My co-founder and I are working on an online-auctions start-up but we can't agree on a name we both like (that has an available .com domain).<p>current contenders:
snapfive.com - entirely generic but easy to pronounce and spell
rumblesale.com - rhymes with jumble sale
bidnsee.com - make a bid and see if it's accepted<p>do you guys have any other ideas?<p>Raj
======
timf
Check out nameboy.com and sedo.com. Enter keywords and see what's available. I
find that helps with generating ideas.

And a lot of times someone might just want ~$100 for a domain which should be
easily justified if it's the right name.

On nameboy.com you can quickly see domains that _just_ have a .com taken,
those are probably easier to get under your control.

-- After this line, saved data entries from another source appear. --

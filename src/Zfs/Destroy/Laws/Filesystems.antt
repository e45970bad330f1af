-- ===== src/Zfs/Destroy/Laws/Filesystems.antt =====
-- The filesystems of the cache when a snapshot is destroyed.
use zsys.Prelude.{
  true, false, Option, none, some, List, [], ◌∷◌, ◌++◌, ◌≡◌, ◌≢◌, inl, inr, refl, sym, ap, ◌∙◌,
  Bool-cases, ℕ, if◌then◌else◌,
}
use zsys.Text.{Bytes, text_eq, has_byte}
use zsys.Text.Laws.{text_eq_sound, has_byte-append_right}
use zsys.Zfs.Names.{snapshot_of, split_snapshot_name}
use zsys.Zfs.Dataset.{Dataset, dataset, Children, nil, cons, name_of, is_snapshot_of}
use zsys.Zfs.Hierarchy.{remove_child, has_snapshot_in_hierarchy}
use zsys.Zfs.Cache.{Cache, find_in_children, change_at, change_in_children, drop_child}
use zsys.Zfs.Cache.Found.{found_name_children}
use zsys.Zfs.Destroy.{
  Backend, CloneError, cloned, no_parent, has_snapshots, Destroyed, is_leaf, check_no_clone,
  parent_name, detach, destroy_one, destroy_target, destroy_recursive, destroy_children,
  destroy_found, destroy,
}

-- Exactly the names of snapshots hold an @, and snapshots have no children.
abbrev mutual
  pub WellNamed : Dataset → Type 0
  WellNamed (dataset n s p cs) = (has_byte b'@' n ≡ s) × ((s ≡ true → cs ≡ nil) × AllWellNamed cs)

  pub AllWellNamed : Children → Type 0
  AllWellNamed nil = Unit
  AllWellNamed (cons d ds) = WellNamed d × AllWellNamed ds

abbrev mutual
  pub filesystems_of : Dataset → List Bytes
  filesystems_of (dataset n s p cs) = if s then filesystems cs else n ∷ filesystems cs

  pub filesystems : Children → List Bytes
  filesystems nil = []
  filesystems (cons d ds) = filesystems_of d ++ filesystems ds

-- A change of children that keeps the names good, and the filesystems.
abbrev Keeps : (Children → Children) → Type 0
Keeps f =
    (f nil ≡ nil)
    × ((cs : Children)
        → AllWellNamed cs
        → AllWellNamed (f cs) × (filesystems (f cs) ≡ filesystems cs))

snapshot_alone :
    (d : Dataset) → WellNamed d → has_byte b'@' (name_of d) ≡ true → filesystems_of d ≡ []
snapshot_alone (dataset n s p cs) (a, (b, c)) h = let y : s ≡ true = sym a ∙ h in rw (y, b y) refl

drop_child-cons :
    (name : Bytes) (d : Dataset) (ds : Children)
    → text_eq (name_of d) name ≡ false
    → drop_child name (cons d ds) ≡ cons d (drop_child name ds)
unfolding drop_child remove_child
drop_child-cons name d ds h = rw (h, drop_child) (go (remove_child name ds))
  where
    go :
        (o : Option Children)
        → (elim (elim o as (λ o. Option Children) [ none ↦ none | some r ↦ some (cons d r) ])
            as (λ o. Children) [ none ↦ cons d ds | some rest ↦ rest ])
          ≡ cons d (elim o as (λ o. Children) [ none ↦ ds | some rest ↦ rest ])
    go none = refl
    go (some r) = refl

drop_child-first :
    (name : Bytes) (d : Dataset) (ds : Children)
    → text_eq (name_of d) name ≡ true
    → drop_child name (cons d ds) ≡ ds
unfolding drop_child remove_child
drop_child-first name d ds h = rw (h, drop_child) refl

drop_child-Keeps : (name : Bytes) → has_byte b'@' name ≡ true → Keeps (drop_child name)
unfolding drop_child remove_child
drop_child-Keeps name h = (refl, go)
  where
    go :
        (cs : Children)
        → AllWellNamed cs
        → AllWellNamed (drop_child name cs) × (filesystems (drop_child name cs) ≡ filesystems cs)
    go nil g = (tt, refl)
    go (cons d ds) (g, gs) = elim (Bool-cases (text_eq (name_of d) name)) [
      | inl y ↦ rw (drop_child-first name d ds y) (
        gs,
        rw (snapshot_alone d g (ap (has_byte b'@') (text_eq_sound (name_of d) name y) ∙ h)) refl,
      )
      | inr m ↦
          rw (drop_child-cons name d ds m)
            (let (a, b) = go ds gs in ((g, a), ap (λ xs. filesystems_of d ++ xs) b))
    ]

mutual
  unfolding change_at

  change_at-Keeps :
      (n : Bytes) (f : Children → Children) (d : Dataset)
      → Keeps f
      → WellNamed d
      → WellNamed (change_at n f d) × (filesystems_of (change_at n f d) ≡ filesystems_of d)
  change_at-Keeps n f (dataset m s p cs) k (named, (alone, g)) = elim (Bool-cases (text_eq m n)) [
    | inl y ↦
        let (a, b) = k.1 cs g in
        rw y ((named, ((λ e. ap f (alone e) ∙ k.0), a)), ap (λ xs. if s then xs else m ∷ xs) b)
    | inr other ↦
        let (a, b) = change_in_children-Keeps n f cs k g in
        rw other (
          (named, ((λ e. ap (change_in_children n f) (alone e)), a)),
          ap (λ xs. if s then xs else m ∷ xs) b,
        )
  ]

  change_in_children-Keeps :
      (n : Bytes) (f : Children → Children) (ds : Children)
      → Keeps f
      → AllWellNamed ds
      → AllWellNamed (change_in_children n f ds)
        × (filesystems (change_in_children n f ds) ≡ filesystems ds)
  change_in_children-Keeps n f nil k g = (tt, refl)
  change_in_children-Keeps n f (cons d ds) k (g, gs) =
      let (a, b) = change_at-Keeps n f d k g in
      let (later, bs) = change_in_children-Keeps n f ds k gs in ((a, later), λ i. b i ++ bs i)

-- What a part of a destruction leaves is well named, and has the same filesystems.
abbrev Spares : Cache → Destroyed → Type 0
Spares cache r = AllWellNamed r.0 × (filesystems r.0 ≡ filesystems cache)

module _ (z : Backend) where
  destroy_one-Spares :
      (d : Dataset) (cache : Cache)
      → AllWellNamed cache
      → has_byte b'@' (name_of d) ≡ true
      → Spares cache (destroy_one z d cache)
  unfolding destroy_one detach
  destroy_one-Spares d cache g h = elim (Bool-cases (is_leaf d)) [
    | inl y ↦ elim (Bool-cases (z.destroys (name_of d))) [
      | inl a ↦ rw (y, a, destroy_one) (detached (find_in_children (parent_name z d) cache))
      | inr r ↦ rw (y, r, destroy_one) (g, refl)
    ]
    | inr m ↦ rw (m, destroy_one) (g, refl)
  ]
    where
      detached :
          (o : Option Dataset)
          → Spares cache (elim o as (λ o. Destroyed) [
            | none ↦ (cache, some (no_parent (name_of d)))
            | some p ↦ (change_in_children (parent_name z d) (drop_child (name_of d)) cache, none)
          ])
      detached none = (g, refl)
      detached (some p) =
          change_in_children-Keeps (parent_name z d) (drop_child (name_of d)) cache
            (drop_child-Keeps (name_of d) h) g

  destroy_target-Spares :
      (d : Dataset) (c : ℕ) (snap : Bytes) (cache : Cache)
      → AllWellNamed cache
      → Spares cache (destroy_target z d (c ∷ snap) cache)
  unfolding destroy_target has_byte
  destroy_target-Spares d c snap cache g = go (find_in_children name cache) refl
    where
      name : Bytes
      name = snapshot_of (name_of d) (c ∷ snap)

      at_name : has_byte b'@' name ≡ true
      at_name = has_byte-append_right b'@' (name_of d) (b'@' ∷ c ∷ snap) refl

      go :
          (o : Option Dataset)
          → find_in_children name cache ≡ o
          → Spares cache
              (elim o as (λ o. Destroyed) [ none ↦ (cache, none) | some e ↦ destroy_one z e cache ])
      go none q = (g, refl)
      go (some e) q =
          destroy_one-Spares e cache g
            (ap (has_byte b'@') (found_name_children name cache e q) ∙ at_name)

  Spares-then :
      (cache : Cache) (r : Destroyed) (next : Cache → Destroyed)
      → Spares cache r
      → ((left : Cache) → AllWellNamed left → Spares left (next left))
      → Spares cache (elim r.1 as (λ o. Destroyed) [ some e ↦ (r.0, some e) | none ↦ next r.0 ])
  Spares-then cache (left, none) next g h = let (a, b) = h left g.0 in (a, b ∙ g.1)
  Spares-then cache (left, some e) next g h = g

  mutual
    unfolding destroy_recursive text_eq

    destroy_recursive-Spares :
        (d : Dataset) (c : ℕ) (snap : Bytes) (cache : Cache)
        → AllWellNamed cache
        → Spares cache (destroy_recursive z d (c ∷ snap) cache)
    destroy_recursive-Spares (dataset n true p cs) c snap cache g = (g, refl)
    destroy_recursive-Spares (dataset n false p cs) c snap cache g =
        Spares-then cache (destroy_children z cs (c ∷ snap) cache)
          (destroy_target z (dataset n false p cs) (c ∷ snap))
          (destroy_children-Spares cs c snap cache g)
          (λ left. destroy_target-Spares (dataset n false p cs) c snap left)

    destroy_children-Spares :
        (ds : Children) (c : ℕ) (snap : Bytes) (cache : Cache)
        → AllWellNamed cache
        → Spares cache (destroy_children z ds (c ∷ snap) cache)
    destroy_children-Spares nil c snap cache g = (g, refl)
    destroy_children-Spares (cons d ds) c snap cache g =
        Spares-then cache (destroy_recursive z d (c ∷ snap) cache)
          (destroy_children z ds (c ∷ snap)) (destroy_recursive-Spares d c snap cache g)
          (λ left. destroy_children-Spares ds c snap left)

  destroy_found-Spares :
      (name : Bytes) (d : Dataset) (cache : Cache)
      → AllWellNamed cache
      → is_snapshot_of d ≡ true
      → (split_snapshot_name (name_of d)).1 ≢ []
      → Spares cache (destroy_found z name d cache)
  unfolding destroy_found
  destroy_found-Spares name d cache g s h =
      let (parent, snap) = split_snapshot_name (name_of d) in
      rw (s, destroy_found) (go snap h (find_in_children parent cache))
    where
      go :
          (snap : Bytes)
          → snap ≢ []
          → (o : Option Dataset)
          → Spares cache (elim o as (λ o. Destroyed) [
            | none ↦ (cache, some (no_parent (name_of d)))
            | some target ↦
                if has_snapshot_in_hierarchy d
                then (cache, some (has_snapshots (name_of d)))
                else destroy_recursive z target snap cache
          ])
      go [] n o = absurd (n refl)
      go (c ∷ snap) n none = (g, refl)
      go (c ∷ snap) n (some target) = elim (Bool-cases (has_snapshot_in_hierarchy d)) [
        | inl y ↦ rw y (g, refl)
        | inr m ↦ rw m (destroy_recursive-Spares target c snap cache g)
      ]

  -- Destroying a snapshot whose name is not empty destroys no filesystem, in whatever way it ends: the
  -- cache has the same filesystems in the same order, and it is still true that exactly the
  -- snapshots have an @ in their name and that snapshots have no children.
  pub destroy-snapshot :
      (name : Bytes) (cache : Cache) (d : Dataset)
      → AllWellNamed cache
      → find_in_children name cache ≡ some d
      → is_snapshot_of d ≡ true
      → (split_snapshot_name (name_of d)).1 ≢ []
      → AllWellNamed (destroy z name cache).0
        × (filesystems (destroy z name cache).0 ≡ filesystems cache)
  unfolding destroy
  destroy-snapshot name cache d g f s h = rw (f, destroy) (go (check_no_clone z d))
    where
      go :
          (o : Option CloneError)
          → Spares cache (elim o as (λ o. Destroyed) [
            | some e ↦ (cache, some (cloned e))
            | none ↦ destroy_found z name d cache
          ])
      go (some e) = (g, refl)
      go none = destroy_found-Spares name d cache g s h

Recently I got a domain name I wanted by emailing the owner and making a
proposition because I noticed that it was just some default GoDaddy page.
Turns out he was indeed just a random web developer squatting on the name and
was happy to get a few bucks, not some nefarious domain squatter.

------
kadavy
You also may want to check out <http://brandstack.com> I haven't used it (I
have a friend who has), but apparently you can buy pre-made logos and domains.
Might find something you like.

------
eliot_sykes
Recommend you don't mention available domain names here to prevent sniping,
private message Raj if you've got a good one.

------
kadavy
Sorry to get all MBA, but do you have a value proposition in mind? That could
help with branding.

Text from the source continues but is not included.